§ Work order
Filter the listing down to the lines containing the word "every".

§ Data

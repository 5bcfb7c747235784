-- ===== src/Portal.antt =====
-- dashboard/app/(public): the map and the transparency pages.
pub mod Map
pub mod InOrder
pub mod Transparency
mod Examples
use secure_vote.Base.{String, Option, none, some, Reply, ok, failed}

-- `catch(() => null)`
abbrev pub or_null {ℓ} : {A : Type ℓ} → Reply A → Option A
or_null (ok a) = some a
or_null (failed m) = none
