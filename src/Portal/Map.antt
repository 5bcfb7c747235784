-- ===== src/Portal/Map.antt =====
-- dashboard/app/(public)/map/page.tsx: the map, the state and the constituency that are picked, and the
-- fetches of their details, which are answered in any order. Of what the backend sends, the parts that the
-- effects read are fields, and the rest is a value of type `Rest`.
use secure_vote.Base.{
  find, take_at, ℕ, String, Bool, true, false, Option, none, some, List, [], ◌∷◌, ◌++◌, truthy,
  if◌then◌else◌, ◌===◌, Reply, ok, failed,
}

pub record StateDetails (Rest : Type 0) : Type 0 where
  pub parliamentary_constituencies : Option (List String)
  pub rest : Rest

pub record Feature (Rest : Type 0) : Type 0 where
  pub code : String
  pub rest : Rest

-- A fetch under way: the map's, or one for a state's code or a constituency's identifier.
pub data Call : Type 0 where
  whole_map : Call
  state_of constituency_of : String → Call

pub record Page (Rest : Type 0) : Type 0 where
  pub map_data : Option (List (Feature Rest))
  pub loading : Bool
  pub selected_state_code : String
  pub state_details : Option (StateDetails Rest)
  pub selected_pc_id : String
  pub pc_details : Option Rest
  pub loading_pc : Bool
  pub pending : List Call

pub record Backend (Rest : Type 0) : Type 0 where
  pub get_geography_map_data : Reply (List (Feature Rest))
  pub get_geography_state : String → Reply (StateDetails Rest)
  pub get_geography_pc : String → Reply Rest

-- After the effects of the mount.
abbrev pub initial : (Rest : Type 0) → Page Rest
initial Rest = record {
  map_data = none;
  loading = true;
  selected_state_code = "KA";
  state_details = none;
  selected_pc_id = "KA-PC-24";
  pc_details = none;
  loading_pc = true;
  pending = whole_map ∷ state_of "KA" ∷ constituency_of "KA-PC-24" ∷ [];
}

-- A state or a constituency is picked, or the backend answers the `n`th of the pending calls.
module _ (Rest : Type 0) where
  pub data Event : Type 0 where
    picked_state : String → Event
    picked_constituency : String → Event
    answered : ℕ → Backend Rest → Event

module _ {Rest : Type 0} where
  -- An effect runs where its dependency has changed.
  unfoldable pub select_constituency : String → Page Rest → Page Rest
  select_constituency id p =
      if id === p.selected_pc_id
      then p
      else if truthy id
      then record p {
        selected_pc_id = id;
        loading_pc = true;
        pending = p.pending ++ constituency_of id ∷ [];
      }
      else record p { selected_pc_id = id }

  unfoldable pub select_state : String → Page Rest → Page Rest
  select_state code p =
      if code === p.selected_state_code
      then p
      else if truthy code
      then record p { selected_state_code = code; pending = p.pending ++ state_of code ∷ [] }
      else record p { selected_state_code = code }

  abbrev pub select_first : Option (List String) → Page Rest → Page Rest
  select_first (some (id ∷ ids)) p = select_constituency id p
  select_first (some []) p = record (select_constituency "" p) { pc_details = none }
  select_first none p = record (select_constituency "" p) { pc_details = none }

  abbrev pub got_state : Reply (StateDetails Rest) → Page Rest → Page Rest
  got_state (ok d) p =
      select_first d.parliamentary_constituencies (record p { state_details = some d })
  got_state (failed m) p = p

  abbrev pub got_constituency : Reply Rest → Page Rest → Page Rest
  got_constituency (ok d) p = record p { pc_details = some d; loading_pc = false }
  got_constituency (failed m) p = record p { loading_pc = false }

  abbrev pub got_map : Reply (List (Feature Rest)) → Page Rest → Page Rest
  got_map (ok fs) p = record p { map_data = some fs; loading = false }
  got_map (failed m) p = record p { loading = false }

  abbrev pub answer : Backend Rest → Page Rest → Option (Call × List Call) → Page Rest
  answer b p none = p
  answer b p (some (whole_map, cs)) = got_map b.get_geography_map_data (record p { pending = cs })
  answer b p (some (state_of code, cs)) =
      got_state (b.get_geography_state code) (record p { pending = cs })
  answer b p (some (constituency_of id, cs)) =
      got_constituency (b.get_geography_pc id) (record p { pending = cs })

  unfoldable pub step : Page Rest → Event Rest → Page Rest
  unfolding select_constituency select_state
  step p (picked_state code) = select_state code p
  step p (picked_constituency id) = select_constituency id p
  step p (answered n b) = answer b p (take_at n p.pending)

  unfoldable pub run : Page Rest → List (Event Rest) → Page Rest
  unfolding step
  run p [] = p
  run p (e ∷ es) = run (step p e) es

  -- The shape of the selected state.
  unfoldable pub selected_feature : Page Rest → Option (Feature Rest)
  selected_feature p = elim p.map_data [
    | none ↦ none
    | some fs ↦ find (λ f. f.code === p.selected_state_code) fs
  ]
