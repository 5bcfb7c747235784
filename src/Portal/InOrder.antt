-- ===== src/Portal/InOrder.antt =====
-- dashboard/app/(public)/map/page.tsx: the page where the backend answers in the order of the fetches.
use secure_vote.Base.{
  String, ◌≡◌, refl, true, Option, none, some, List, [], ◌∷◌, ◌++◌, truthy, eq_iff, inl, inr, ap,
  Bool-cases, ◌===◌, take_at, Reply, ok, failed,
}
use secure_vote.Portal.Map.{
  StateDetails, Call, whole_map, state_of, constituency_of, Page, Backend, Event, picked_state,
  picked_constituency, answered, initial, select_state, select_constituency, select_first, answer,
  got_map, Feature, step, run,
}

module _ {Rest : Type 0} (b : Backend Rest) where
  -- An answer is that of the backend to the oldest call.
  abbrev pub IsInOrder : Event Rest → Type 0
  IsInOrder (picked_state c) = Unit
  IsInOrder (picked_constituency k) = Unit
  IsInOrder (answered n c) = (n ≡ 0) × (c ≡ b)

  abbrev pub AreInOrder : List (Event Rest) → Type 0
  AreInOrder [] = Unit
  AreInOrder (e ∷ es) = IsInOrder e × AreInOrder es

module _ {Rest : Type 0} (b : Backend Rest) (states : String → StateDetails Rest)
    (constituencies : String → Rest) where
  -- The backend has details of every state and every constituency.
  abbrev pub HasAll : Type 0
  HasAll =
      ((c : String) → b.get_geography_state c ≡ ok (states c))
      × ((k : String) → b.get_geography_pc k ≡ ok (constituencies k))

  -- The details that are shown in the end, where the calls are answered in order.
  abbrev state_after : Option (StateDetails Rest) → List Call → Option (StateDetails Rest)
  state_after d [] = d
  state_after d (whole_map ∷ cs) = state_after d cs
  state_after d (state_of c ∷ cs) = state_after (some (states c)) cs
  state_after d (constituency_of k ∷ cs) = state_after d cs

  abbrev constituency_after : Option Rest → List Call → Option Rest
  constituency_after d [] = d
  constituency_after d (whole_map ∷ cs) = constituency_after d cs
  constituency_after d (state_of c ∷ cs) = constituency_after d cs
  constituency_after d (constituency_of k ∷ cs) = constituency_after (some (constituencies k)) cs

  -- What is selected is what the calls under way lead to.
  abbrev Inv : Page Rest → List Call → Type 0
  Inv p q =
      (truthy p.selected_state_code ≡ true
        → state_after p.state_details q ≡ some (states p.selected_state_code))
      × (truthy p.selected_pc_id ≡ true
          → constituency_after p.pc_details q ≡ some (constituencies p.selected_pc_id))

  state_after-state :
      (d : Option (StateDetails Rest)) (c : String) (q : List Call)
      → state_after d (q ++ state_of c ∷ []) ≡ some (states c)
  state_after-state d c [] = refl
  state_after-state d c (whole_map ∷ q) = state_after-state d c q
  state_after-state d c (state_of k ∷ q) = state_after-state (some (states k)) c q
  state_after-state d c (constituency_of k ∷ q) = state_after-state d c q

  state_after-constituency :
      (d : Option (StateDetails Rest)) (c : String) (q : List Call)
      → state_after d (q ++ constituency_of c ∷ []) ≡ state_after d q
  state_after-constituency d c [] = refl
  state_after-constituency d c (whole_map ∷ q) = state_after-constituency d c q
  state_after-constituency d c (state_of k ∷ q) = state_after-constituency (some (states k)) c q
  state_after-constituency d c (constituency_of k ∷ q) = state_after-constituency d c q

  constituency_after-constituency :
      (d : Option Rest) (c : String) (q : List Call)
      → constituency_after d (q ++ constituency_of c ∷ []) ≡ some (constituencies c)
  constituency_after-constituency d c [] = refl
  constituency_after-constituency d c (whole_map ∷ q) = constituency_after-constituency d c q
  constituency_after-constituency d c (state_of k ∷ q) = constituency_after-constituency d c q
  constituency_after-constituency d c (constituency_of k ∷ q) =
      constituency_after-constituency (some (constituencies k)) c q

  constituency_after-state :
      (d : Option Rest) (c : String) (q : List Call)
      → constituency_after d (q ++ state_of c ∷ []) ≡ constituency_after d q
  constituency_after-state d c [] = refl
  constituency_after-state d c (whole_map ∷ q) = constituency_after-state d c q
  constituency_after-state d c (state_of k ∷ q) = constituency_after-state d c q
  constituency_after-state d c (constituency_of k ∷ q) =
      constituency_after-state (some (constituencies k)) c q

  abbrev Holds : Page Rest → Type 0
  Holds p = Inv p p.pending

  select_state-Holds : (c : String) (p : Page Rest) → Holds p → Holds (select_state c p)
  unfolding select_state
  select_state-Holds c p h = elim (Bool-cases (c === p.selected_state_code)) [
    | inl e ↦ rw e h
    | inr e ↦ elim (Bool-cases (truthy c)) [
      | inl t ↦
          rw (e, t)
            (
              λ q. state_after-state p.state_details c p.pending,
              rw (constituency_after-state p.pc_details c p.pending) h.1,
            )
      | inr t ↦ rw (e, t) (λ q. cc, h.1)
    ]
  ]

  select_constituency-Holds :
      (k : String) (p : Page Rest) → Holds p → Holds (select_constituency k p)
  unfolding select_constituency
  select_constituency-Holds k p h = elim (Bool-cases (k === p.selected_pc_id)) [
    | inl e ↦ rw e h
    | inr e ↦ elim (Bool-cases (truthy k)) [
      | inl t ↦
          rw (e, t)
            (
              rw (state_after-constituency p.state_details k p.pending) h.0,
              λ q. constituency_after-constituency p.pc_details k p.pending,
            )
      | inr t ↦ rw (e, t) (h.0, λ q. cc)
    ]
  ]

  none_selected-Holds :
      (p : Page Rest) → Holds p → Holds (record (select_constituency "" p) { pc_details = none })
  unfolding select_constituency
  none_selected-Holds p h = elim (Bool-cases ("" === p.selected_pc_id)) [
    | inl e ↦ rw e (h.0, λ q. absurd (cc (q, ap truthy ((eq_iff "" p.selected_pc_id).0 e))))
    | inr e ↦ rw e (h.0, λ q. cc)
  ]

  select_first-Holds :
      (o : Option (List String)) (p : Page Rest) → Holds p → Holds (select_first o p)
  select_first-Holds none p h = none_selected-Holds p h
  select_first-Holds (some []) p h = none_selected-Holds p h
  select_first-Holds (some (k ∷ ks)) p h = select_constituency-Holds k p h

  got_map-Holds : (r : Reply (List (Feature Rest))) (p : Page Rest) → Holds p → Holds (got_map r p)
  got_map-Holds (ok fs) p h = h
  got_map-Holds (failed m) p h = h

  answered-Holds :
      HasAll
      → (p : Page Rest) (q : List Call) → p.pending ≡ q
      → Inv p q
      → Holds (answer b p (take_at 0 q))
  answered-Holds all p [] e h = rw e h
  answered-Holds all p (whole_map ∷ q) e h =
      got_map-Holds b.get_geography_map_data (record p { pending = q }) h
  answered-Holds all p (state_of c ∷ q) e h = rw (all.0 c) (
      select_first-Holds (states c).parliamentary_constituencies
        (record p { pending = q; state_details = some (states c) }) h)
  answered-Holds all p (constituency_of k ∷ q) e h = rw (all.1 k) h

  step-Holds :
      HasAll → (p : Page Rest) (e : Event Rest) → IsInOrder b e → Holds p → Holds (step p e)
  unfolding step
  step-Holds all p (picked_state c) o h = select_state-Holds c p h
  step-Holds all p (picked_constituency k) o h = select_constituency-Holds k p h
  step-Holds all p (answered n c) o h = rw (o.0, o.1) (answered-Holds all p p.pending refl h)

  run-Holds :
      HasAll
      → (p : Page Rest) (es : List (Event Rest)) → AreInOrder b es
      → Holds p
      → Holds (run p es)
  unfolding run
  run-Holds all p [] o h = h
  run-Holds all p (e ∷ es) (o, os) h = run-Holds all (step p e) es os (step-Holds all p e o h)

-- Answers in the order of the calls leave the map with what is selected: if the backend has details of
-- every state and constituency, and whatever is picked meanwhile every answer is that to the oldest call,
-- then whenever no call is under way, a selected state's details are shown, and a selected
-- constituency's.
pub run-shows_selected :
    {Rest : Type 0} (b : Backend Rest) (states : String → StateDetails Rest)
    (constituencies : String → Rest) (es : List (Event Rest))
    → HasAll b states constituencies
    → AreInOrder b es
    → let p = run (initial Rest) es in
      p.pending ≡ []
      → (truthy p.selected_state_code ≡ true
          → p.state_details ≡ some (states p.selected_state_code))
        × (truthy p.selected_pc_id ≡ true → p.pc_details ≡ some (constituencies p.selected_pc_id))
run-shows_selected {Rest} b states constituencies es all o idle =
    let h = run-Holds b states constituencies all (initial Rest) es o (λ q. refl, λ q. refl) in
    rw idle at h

§ Expected answer
  -- The backend has details of every state and every constituency.
-- every state and constituency, and whatever is picked meanwhile every answer is that to the oldest call,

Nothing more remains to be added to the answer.